======== Records for the exercise

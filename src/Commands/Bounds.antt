-- ===== src/Commands/Bounds.antt =====
-- The results of the commands of src/commands.c are within their limit, and lie in their block.
use wire_command_c.Common.{
  ℕ, ◌-◌, ◌≤◌, ◌<◌, ◌≡◌, refl, ap, Option, arith, inl, inr, Bool-cases, ◌==◌, ◌||◌, ◌&&◌, not,
  get_or, ltb, length, length-take, size_mod, Outcome, value, error, Bytes, bytes, is_null, Status,
  ok, fail, codes,
}
use wire_command_c.Buffer.{Realloc}
use wire_command_c.Buffer.Contents.{IsRealloc}
use wire_command_c.Commands.{
  CommandResult, Child, Environment, no_result, run, run_built, build, ls, pwd, cat, strip_newline,
}
use wire_command_c.Commands.Result.{Ran, run_lem}

-- A successful result has at most `max_size` bytes, all of them in its block.
abbrev pub Bounded : ℕ → Status × CommandResult → Type 0
Bounded max_size (s, r) = (s ≡ ok) → (r.length ≤ max_size) × (r.length ≤ length (bytes r.block))

abbrev pub IsEnvironment : Environment → Type 0
IsEnvironment env = (k : ℕ) → IsRealloc (env.realloc k)

Ran-Bounded :
    (realloc : ℕ → Realloc) (child : Child) (max_size : ℕ) (before : CommandResult)
    (x : Status × CommandResult)
    → Ran realloc child max_size before x
    → Bounded max_size x
Ran-Bounded realloc child max_size before (s, r) (inl (es, z, f, small, l, t)) e = (
  omega arith,
  omega (arith, l, length-take r.length (bytes r.block), ap (λ (xs : Bytes). length xs) t),
)
Ran-Bounded realloc child max_size before (s, r) (inr (e', es, same, why)) e = absurd (cc)

module _ (env : Environment) (law : IsEnvironment env) (max_size : ℕ)
    (small : max_size < size_mod) where
  run-Bounded :
      (command : Bytes) → Bounded max_size (run env.shell env.realloc command max_size no_result)
  unfolding run
  run-Bounded command = go (env.shell command) refl
    where
      go :
          (o : Outcome Child)
          → env.shell command ≡ o
          → Bounded max_size (run env.shell env.realloc command max_size no_result)
      go (error e) h = rw (h, run) (λ n. cc)
      go (value child) h =
          Ran-Bounded env.realloc child max_size no_result _
            (run_lem env.shell env.realloc command max_size no_result child law small h)

  run_built-Bounded : (o : Outcome Bytes) → Bounded max_size (run_built env max_size o)
  unfolding run_built
  run_built-Bounded (error e) n = absurd (cc)
  run_built-Bounded (value command) n = run-Bounded command n

  strip_newline-Bounded :
      (x : Status × CommandResult) → Bounded max_size x → Bounded max_size (strip_newline x)
  unfolding strip_newline
  strip_newline-Bounded (fail e, r) b = b
  strip_newline-Bounded (ok, r) b =
      elim (Bool-cases (ltb 0 r.length && get_or (bytes r.block) (r.length - 1) 0 == 10)) [
        | inl h ↦ rw h (λ n. let t = b refl in (omega arith, omega arith))
        | inr h ↦ rw h b
      ]

  -- LS, PWD and CAT succeed only with a result within their limit, all of it in its block.
  pub ls-Bounded : (argument : Option Bytes) (n : ℕ) → Bounded max_size (ls env argument n max_size)
  unfolding ls
  ls-Bounded argument n =
      run_built-Bounded (build env.memory₁ env.memory₂ (codes "ls -1 --") argument n)

  pub pwd-Bounded : Bounded max_size (pwd env max_size)
  unfolding pwd
  pwd-Bounded = strip_newline-Bounded _ (run-Bounded (codes "pwd 2>/dev/null"))

  pub cat-Bounded :
      (argument : Option Bytes) (n : ℕ) → Bounded max_size (cat env argument n max_size)
  unfolding cat
  cat-Bounded argument n =
      elim (Bool-cases (is_null argument || (n == 0 || not (get_or (bytes argument) 0 0 == 47)))) [
        | inl h ↦ rw h (λ e. absurd (cc))
        | inr h ↦
            rw h (run_built-Bounded (build env.memory₁ env.memory₂ (codes "cat --") argument n))
      ]
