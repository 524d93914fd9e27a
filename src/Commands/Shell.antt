-- ===== src/Commands/Shell.antt =====
-- How a POSIX shell reads one word of a command line (XCU 2.2, quoting): an independent description,
-- against which the quoting of src/commands.c is proved.
use wire_command_c.Common.{
  ℕ, Bool, Option, none, some, [], ◌∷◌, ◌==◌, if◌then◌else◌, ◌||◌, leb, ◌&&◌, Bytes,
}
use wire_command_c.Commands.{quote_mark, backslash}

-- Outside quotes these bytes end a word or mean something to the shell; so does any byte that is not
-- a letter, a digit or one of the harmless marks, in this reading.
abbrev pub is_plain : ℕ → Bool
is_plain c =
    (leb 97 c && leb c 122)
    || ((leb 65 c && leb c 90) || ((leb 48 c && leb c 57) || (c == 47 || (c == 45 || c == 46))))

pub data Mode : Type 0 where
  unquoted quoted escaped : Mode

abbrev pub push : ℕ → Option (Bytes × Bytes) → Option (Bytes × Bytes)
push c none = none
push c (some (word, left)) = some (c ∷ word, left)

-- The word that the line begins with, and the line behind it, if the word ends at a blank; `none` if
-- the shell would do anything but take the bytes for themselves.
unfoldable pub read_word : Mode → Bytes → Option (Bytes × Bytes)
read_word mode [] = none
read_word quoted (c ∷ cs) =
    let closed = read_word unquoted cs in
    let inside = push c (read_word quoted cs) in if c == quote_mark then closed else inside
read_word escaped (c ∷ cs) = push c (read_word unquoted cs)
read_word unquoted (c ∷ cs) =
    let opened = read_word quoted cs in
    let escape = read_word escaped cs in
    let plain = push c (read_word unquoted cs) in
    if c == quote_mark
    then opened
    else if c == backslash
    then escape
    else if c == 32
    then some ([], c ∷ cs)
    else if is_plain c
    then plain
    else none
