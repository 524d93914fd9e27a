-- ===== src/Commands/Quote.antt =====
-- The quoting of src/commands.c, read back by the shell.
use wire_command_c.Common.{
  ℕ, ◌+◌, ◌-◌, ◌*◌, ◌/◌, ◌≤◌, ◌<◌, ◌≡◌, refl, ◌∙◌, ap, Bool, true, false, Option, some, [], ◌∷◌,
  ◌++◌, arith, inl, inr, Bool-cases, ◌==◌, ltb, length, length-append, length-take, take, take_all,
  drop, append_assoc, size_mod, Outcome, value, error, Bytes, bytes, sub_size,
}
use wire_command_c.Commands.{
  quote_mark, quote_loop, has_nul, quote_argument, build, suffix, format_command, command_length,
}
use wire_command_c.Commands.Shell.{unquoted, quoted, read_word}

-- Inside quotes, the shell takes the bytes of the loop for the argument's, and leaves the quotes.
read_word-quote_loop :
    (xs rest : Bytes)
    → read_word quoted (quote_loop xs ++ quote_mark ∷ 32 ∷ rest) ≡ some (xs, 32 ∷ rest)
unfolding read_word
read_word-quote_loop [] rest = refl
read_word-quote_loop (c ∷ cs) rest = elim (Bool-cases (c == quote_mark)) [
  | inl e ↦ rw e (ground (arith, read_word-quote_loop cs rest))
  | inr f ↦ rw (f, f) (ground (arith, read_word-quote_loop cs rest))
]

length-quote_loop : (xs : Bytes) → length (quote_loop xs) ≤ 4 * length xs
length-quote_loop [] = omega arith
length-quote_loop (c ∷ cs) = ground (arith, length-quote_loop cs)

-- When an argument of `n` bytes is quoted, it has a byte and no NUL among them; the quoted text fits
-- with its final NUL the `4 * n + 3` bytes allocated, a size that does not wrap; and a shell that
-- reads it before a blank takes it for the one word whose bytes are those of the argument, whatever
-- they are.
pub quote_argument-read_word :
    (memory : Bool) (argument : Option Bytes) (n : ℕ) (text rest : Bytes)
    → n ≤ length (bytes argument)
    → quote_argument memory argument n ≡ value text
    → (0 < n)
      × (has_nul (take n (bytes argument)) ≡ false)
      × (length text + 1 ≤ 4 * n + 3)
      × (4 * n + 3 < size_mod)
      × (read_word unquoted (text ++ 32 ∷ rest) ≡ some (take n (bytes argument), 32 ∷ rest))
unfolding quote_argument
quote_argument-read_word memory argument n text rest given h =
    let xs = take n (bytes argument) in
    let shape : text ≡ quote_mark ∷ (quote_loop xs ++ quote_mark ∷ []) = ground arith in
    let size = length-quote_loop xs in
    let total : length text ≡ 1 + (length (quote_loop xs) + 1) =
      ap (λ (t : Bytes). length t) shape
      ∙ omega (arith, length-append (quote_loop xs) (quote_mark ∷ [])) in
    let count : length xs ≡ n = omega (arith, length-take n (bytes argument)) in
    (
      ground arith,
      ground arith,
      omega (arith, total, size, count),
      ground arith,
      rw shape (unfold read_word in (rw append_assoc (read_word-quote_loop xs rest))),
    )

format_command-whole :
    (memory : Bool) (program text command : Bytes)
    → length program + length text + 13 < size_mod
    → format_command memory program text ≡ value command
    → command ≡ program ++ (32 ∷ (text ++ suffix))
unfolding format_command
format_command-whole memory program text command small h =
    let whole : Bytes = program ++ (32 ∷ (text ++ suffix)) in
    let cut : command ≡ take (sub_size (command_length program text) 1) whole = ground arith in
    cut
    ∙ take_all (sub_size (command_length program text) 1) whole
        (omega (arith, length-append program (32 ∷ (text ++ suffix)), length-append text suffix))

-- The command line that is built is not truncated: it is the program, a blank, and a text that the
-- shell reads as the one word of the argument's bytes, in front of the redirection.
pub build-read_word :
    (memory₁ memory₂ : Bool) (program : Bytes) (argument : Option Bytes) (n : ℕ) (command : Bytes)
    → n ≤ length (bytes argument)
    → length program + (4 * n + 3) + 13 < size_mod
    → build memory₁ memory₂ program argument n ≡ value command
    → (line : Bytes) × (command ≡ program ++ (32 ∷ line))
      × (read_word unquoted line ≡ some (take n (bytes argument), suffix))
unfolding build
build-read_word memory₁ memory₂ program argument n command given small h =
    go (quote_argument memory₁ argument n) refl
  where
    go :
        (q : Outcome Bytes)
        → quote_argument memory₁ argument n ≡ q
        → (line : Bytes) × (command ≡ program ++ (32 ∷ line))
          × (read_word unquoted line ≡ some (take n (bytes argument), suffix))
    go (error e) eq = absurd (let h' = rw (eq, build) at h in cc)
    go (value text) eq =
        let facts = quote_argument-read_word memory₁ argument n text (drop 1 suffix) given eq in
        (
          text ++ suffix,
          format_command-whole memory₂ program text command (omega (arith, facts.2))
              (rw (eq, build) at h),
          facts.4,
        )

quote_argument_valid :
    (xs : Bytes) (n : ℕ)
    → 0 < n
    → has_nul (take n xs) ≡ false
    → 4 * n + 3 < size_mod
    → quote_argument true (some xs) n
      ≡ value (quote_mark ∷ (quote_loop (take n xs) ++ quote_mark ∷ []))
unfolding quote_argument
quote_argument_valid xs n pos clean small =
    let some_bytes : n == 0 ≡ false = ground arith in
    let fits : ltb ((size_mod - 1 - 3) / 4) n ≡ false = ground arith in
    rw (some_bytes, clean, fits) refl

build_succeeds :
    (program xs : Bytes) (n : ℕ)
    → 0 < n
    → n ≤ length xs
    → has_nul (take n xs) ≡ false
    → length program + (4 * n + 3) + 13 < size_mod
    → (command : Bytes) × (build true true program (some xs) n ≡ value command)
unfolding build format_command
build_succeeds program xs n pos given clean small =
    rw (build, quote_argument_valid xs n pos clean (omega arith)) (_, refl)

-- A command line is built for every argument of at least one byte, none of them NUL, when memory is
-- there and the sizes do not wrap; its text is read by the shell as the one word of these bytes.
pub build_valid :
    (program xs : Bytes) (n : ℕ)
    → 0 < n
    → n ≤ length xs
    → has_nul (take n xs) ≡ false
    → length program + (4 * n + 3) + 13 < size_mod
    → (line : Bytes) × (build true true program (some xs) n ≡ value (program ++ (32 ∷ line)))
      × (read_word unquoted line ≡ some (take n xs, suffix))
build_valid program xs n pos given clean small =
    let (command, made) = build_succeeds program xs n pos given clean small in
    let (line, shape, word) =
      build-read_word true true program (some xs) n command given small made in
    (line, made ∙ ap value shape, word)
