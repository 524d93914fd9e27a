-- ===== src/Commands/Examples.antt =====
-- Tests of the model of src/commands.c, and the theorems at concrete inputs.
use wire_command_c.Common.{
  ◌≡◌, refl, true, false, some, ◌∷◌, ◌++◌, arith, Bytes, value, codes, take, false,
}
use wire_command_c.Buffer.Plain.{plain_realloc, plain-IsRealloc}
use wire_command_c.Commands.{Child, Shell, exited, quote_argument, build, suffix, run, no_result}
use wire_command_c.Commands.Shell.{unquoted, read_word}
use wire_command_c.Commands.Quote.{build-read_word}
use wire_command_c.Commands.Result.{Ran, run_lem}

-- it's
abbrev argument : Bytes
argument = codes "it's"

quote_test : quote_argument true (some argument) 4 ≡ value (codes "'it'\\''s'")
unfolding quote_argument
quote_test = refl

build_test :
    build true true (codes "cat --") (some argument) 4
    ≡ value (codes "cat -- 'it'\\''s' 2>/dev/null")
unfolding build quote_argument
build_test = refl

build-read_word_example :
    (line : Bytes) × (codes "cat -- 'it'\\''s' 2>/dev/null" ≡ codes "cat --" ++ (32 ∷ line))
    × (read_word unquoted line ≡ some (take 4 argument, suffix))
build-read_word_example =
    build-read_word true true (codes "cat --") (some argument) 4
      (codes "cat -- 'it'\\''s' 2>/dev/null") (omega arith) (omega arith) build_test

abbrev child : Child
child = record { output = codes "a\nb\n"; read_fails = false; status = exited 0 }

abbrev shell : Shell
shell command = value child

run_lem_example :
    Ran
      (λ k. plain_realloc)
      child
      100
      no_result
      (run shell (λ k. plain_realloc) (codes "ls") 100 no_result)
run_lem_example =
    run_lem shell (λ k. plain_realloc) (codes "ls") 100 no_result child (λ k. plain-IsRealloc)
      (omega arith) refl
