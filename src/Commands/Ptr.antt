-- ===== src/Commands/Ptr.antt =====
-- The commands of src/commands.c as they are called, through a pointer to the result: NULL fails with
-- EINVAL before anything else, and is let pass by `result_destroy`.
use wire_command_c.Common.{ℕ, Option, Bytes, Status, on_object, some, none}
use wire_command_c.Commands.{
  CommandResult, Environment, ls as ls_at, pwd as pwd_at, cat as cat_at,
  result_destroy as destroy_at,
}

unfoldable pub ls :
    Environment → Option Bytes → ℕ → ℕ → Option CommandResult → Status × Option CommandResult
ls env argument n max_size result = on_object result λ r. ls_at env argument n max_size

unfoldable pub pwd : Environment → ℕ → Option CommandResult → Status × Option CommandResult
pwd env max_size result = on_object result λ r. pwd_at env max_size

unfoldable pub cat :
    Environment → Option Bytes → ℕ → ℕ → Option CommandResult → Status × Option CommandResult
cat env argument n max_size result = on_object result λ r. cat_at env argument n max_size

unfoldable pub result_destroy : Option CommandResult → Option CommandResult
result_destroy none = none
result_destroy (some r) = some (destroy_at r)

================

*Problem:* What is the number of lines in the entries above that hold the string "IsEnvironment"? Please state that number alone.

*Task result:* 3